I have a BAPCtools fork that does this here: https://github.com/thorehusfeldt/BAPCtools

In, green the expected verdicts are shown. Testgroup data/secret/alcohols got an unexpected WA, so it’s red. image

This is very preliminary, but it parses a yaml file with arbitrarily rich specifications per submission and per testgroup, and compares with the default grader (which I added to BAPCtools) for each internal node of the testdata tree.

I think this is the right way of doing it (or close enough), in particular for test groups. It is much superior to my own @EXPECTED_GRADES@ approach.

eldering commented 1 year ago

I prefer the @EXPECTED_RESULTS@ approach to encode this information inside the source code itself. This is meta-data that I think is intrinsically related to the submission (of course in the context of the problem), and by encoding it in the source, we ensure the meta-data is not lost e.g. when uploading the submission into a CCS or even when forwarding it from one to another CCS (e.g. when shadoing at the ICPC WFs).

thorehusfeldt commented 1 year ago

I’ve played around with various ideas now.

For editing and curation, I find it much more pleasant to have a single-file overview.

(Use-case: add another testgroup, or merge two existing testgroups. I can do this very quickly in a single file, with no errors. I also with a single glance and check that all submissions get AC on sample, etc.) Also, the YAML could be syntax-checked.

On the other hand, when writing a new submission, or communicating the intent of a submission to others, the source-embedded approach makes more sense.

The semantics of “my” expected-grades proposal are orthogonal to this. An expectation could be defined (along with many others) in a common expecations.yaml file

...
mixed/th.py: ["TLE", "RTE"]
time_limit_exceeded/recursive.py:
  verdict: AC
  score: 100
  subgroups:
    sample: AC
    secret:
      group1: AC
      group2: AC
      group3: ["TLE", "RTE"]  
...

but it could just as well reside in the source code of time_limit_exceeded/recursive.py:

#! /usr/bin/env python3
"""
@EXPECTATIONS_BEGIN@
  verdict: AC
  score: 100
  subgroups:
    sample: AC
    secret:
      group1: AC
      group2: AC
      group3: ["TLE", "RTE"]  
@EXPECTATIONS_END@
"""

def solve(instance):
 ...

(I have no opinion about the convention for source code embedding syntax.)
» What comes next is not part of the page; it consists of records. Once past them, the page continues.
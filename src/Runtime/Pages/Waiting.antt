-- ===== src/Runtime/Pages/Waiting.antt =====
-- The waiting of GetLinkInfos: fifteen looks at the links, one every 100 milliseconds. What arrives
-- before each look is a list of pages; behind the end of the lists nothing arrives.
use vilan_peer.Base.{
  ℕ, zero, suc, ◌<◌, ◌≡◌, refl, ap, ◌∙◌, arith, false, ◌&&◌, List, [], ◌∷◌, Option, none, some,
  load, delete, take, length, ltb, ◌==◌, ==-refl, lt→ltb, if◌then◌else◌,
}
use vilan_peer.Model.Wire.{IpNet}
use vilan_peer.Runtime.Send.{frame}
use vilan_peer.Runtime.Send.Guards.{Connected, send_peer_links_request-emit}
use vilan_peer.Model.Messages.{LinkInfo, LinksResponse, PeerBody}
use vilan_peer.Runtime.State.{Runtime, Host, Reply, done, emit, sent}
use vilan_peer.Runtime.Pages.{local_links, answers, new_cookie, same_cookie, request_link_infos}
use vilan_peer.Runtime.Pages.Reassembly.{receive_all, receive_all-answers, length-take_positive}
use vilan_peer.Runtime.Pages.FirstPage.{receive_all-first_page}

abbrev pub links_of : Option (List LinkInfo) → List LinkInfo
links_of none = []
links_of (some links) = links

abbrev pub first_batch : List (List LinksResponse) → List LinksResponse
first_batch [] = []
first_batch (b ∷ bs) = b

abbrev pub later : List (List LinksResponse) → List (List LinksResponse)
later [] = []
later (b ∷ bs) = bs

abbrev pub last_length : ℕ → ℕ → ℕ
last_length last cur = if ltb 0 cur then cur else last

-- The loop of GetLinkInfos, for the rounds that are left and the last length.
unfoldable pub wait_links :
    ℕ → ℕ → ℕ → List (List LinksResponse) → Runtime → Runtime × Option (List LinkInfo)
wait_links zero mac last batches r = (r, none)
wait_links (suc rounds) mac last batches r =
    let r' = receive_all (first_batch batches) r in
    let links = links_of (load mac r'.link_infos) in
    let rest = wait_links rounds mac (last_length last (length links)) (later batches) r' in
    if ltb 0 (length links) && last == length links then (r', some links) else rest

abbrev waited : ℕ → List (List LinksResponse) → Runtime × Reply → Runtime × Option (List LinkInfo)
waited mac batches (r, done) = wait_links 15 mac 0 batches r
waited mac batches (r, _) = (r, none)

-- GetLinkInfos
unfoldable pub get_link_infos :
    ℕ → List (List LinksResponse) → Runtime → Runtime × Option (List LinkInfo)
unfolding wait_links
get_link_infos mac batches r = waited mac batches (request_link_infos mac r)

-- A look that finds more links, or fewer, than the last one waits on.
wait_links-changed :
    (rounds mac last : ℕ) (batches : List (List LinksResponse)) (r : Runtime)
    (links : List LinkInfo)
    → load mac (receive_all (first_batch batches) r).link_infos ≡ some links
    → 0 < length links
    → (last == length links) ≡ false
    → wait_links (suc rounds) mac last batches r
      ≡ wait_links rounds mac (length links) (later batches) (receive_all (first_batch batches) r)
unfolding wait_links
wait_links-changed rounds mac last batches r links e more other =
    rw (e, lt→ltb 0 (length links) more, other) refl

-- A look that finds as many as the last one ends the waiting.
wait_links-same :
    (rounds mac : ℕ) (batches : List (List LinksResponse)) (r : Runtime) (links : List LinkInfo)
    → load mac (receive_all (first_batch batches) r).link_infos ≡ some links
    → 0 < length links
    → wait_links (suc rounds) mac (length links) batches r
      ≡ (receive_all (first_batch batches) r, some links)
unfolding wait_links
wait_links-same rounds mac batches r links e more =
    rw (e, lt→ltb 0 (length links) more, ==-refl (length links)) refl

-- Two looks with nothing between them end the waiting, whatever arrives after them.
wait_links_twice :
    (rounds mac : ℕ) (batch : List LinksResponse) (batches : List (List LinksResponse))
    (r : Runtime) (links : List LinkInfo)
    → load mac (receive_all batch r).link_infos ≡ some links
    → 0 < length links
    → (wait_links (suc (suc rounds)) mac 0 (batch ∷ [] ∷ batches) r).1 ≡ some links
unfolding receive_all
wait_links_twice rounds mac batch batches r links e more =
    ap (λ p. p.1)
      (wait_links-changed (suc rounds) mac 0 (batch ∷ [] ∷ batches) r links e more (ground arith)
        ∙ wait_links-same rounds mac ([] ∷ batches) (receive_all batch r) links e more)

-- The service that has sent the request.
abbrev asked : ℕ → ℕ → Runtime → Runtime
asked mac h r =
    let r' = record r { link_infos = delete mac r.link_infos } in
    emit
      (sent h (
        frame
          (PeerBody.links_request record { src_mac = r.config.tap_config.hw_mac; dst_mac = mac })
          r'))
      r'

get_link_infos_asks :
    (mac h : ℕ) (batches : List (List LinksResponse)) (r : Runtime)
    → Connected h r
    → get_link_infos mac batches r ≡ wait_links 15 mac 0 batches (asked mac h r)
unfolding get_link_infos request_link_infos
get_link_infos_asks mac h batches r up =
    ap (waited mac batches)
      (send_peer_links_request-emit mac (record r { link_infos = delete mac r.link_infos }) h up)

-- GetLinkInfos on a connected service, where the pages that the peer `own` answers arrive in order
-- before the first look, nothing arrives before the second, and the cookie is not the one that is
-- known for the peer: the result is the links that the peer found in its segment, at least one.
pub get_link_infos-answers :
    (host : Host) (net : IpNet) (own h : ℕ) (later_batches : List (List LinksResponse))
    (r : Runtime)
    → Connected h r
    → 0 < length (local_links net host.arp_table)
    → same_cookie (load own r.link_info_req_cookie) (new_cookie host) ≡ false
    → (get_link_infos own
        (answers host net own r.config.tap_config.hw_mac ∷ [] ∷ later_batches)
        r).1
      ≡ some (local_links net host.arp_table)
get_link_infos-answers host net own h later_batches r up more fresh =
    ap (λ p. p.1) (get_link_infos_asks own h _ r up)
    ∙ wait_links_twice 13 own (answers host net own r.config.tap_config.hw_mac) later_batches
        (asked own h r) (local_links net host.arp_table)
        (receive_all-answers host net own r.config.tap_config.hw_mac (asked own h r) more fresh)
        more

-- GetLinkInfos on a connected service, where only the first page of an answer with more than fifty
-- links has arrived by the first look and nothing arrives before the second: the result is the
-- first fifty links, and no error tells it from the whole answer.
pub get_link_infos_pause :
    (host : Host) (net : IpNet) (own h : ℕ) (later_batches : List (List LinksResponse))
    (r : Runtime)
    → Connected h r
    → 50 < length (local_links net host.arp_table)
    → same_cookie (load own r.link_info_req_cookie) (new_cookie host) ≡ false
    → (get_link_infos own
        (take 1 (answers host net own r.config.tap_config.hw_mac) ∷ [] ∷ later_batches)
        r).1
      ≡ some (take 50 (local_links net host.arp_table))
get_link_infos_pause host net own h later_batches r up many fresh =
    ap (λ p. p.1) (get_link_infos_asks own h _ r up)
    ∙ wait_links_twice 13 own (take 1 (answers host net own r.config.tap_config.hw_mac))
        later_batches (asked own h r) (take 50 (local_links net host.arp_table))
        (receive_all-first_page host net own r.config.tap_config.hw_mac (asked own h r) many fresh)
        (length-take_positive 49 (local_links net host.arp_table) (omega arith))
Contests or traditions could allow both or either; a tool could warn if a submission supplies both (just it currently warns about inconsistency with expectations implied by the placement of the source file.)

niemela commented 9 months ago

Closing this issue because the actual issue is covered by both adding rejected and the expectation framework. The former we have agreed to multiple times. I (somewhat superfluously) created a ticket for just that (#139) just so we don't forget to actually do it. The latter is WIP, currently discussed in #137.

The discussions in the thread are still interesting, but the actual issue is now closed.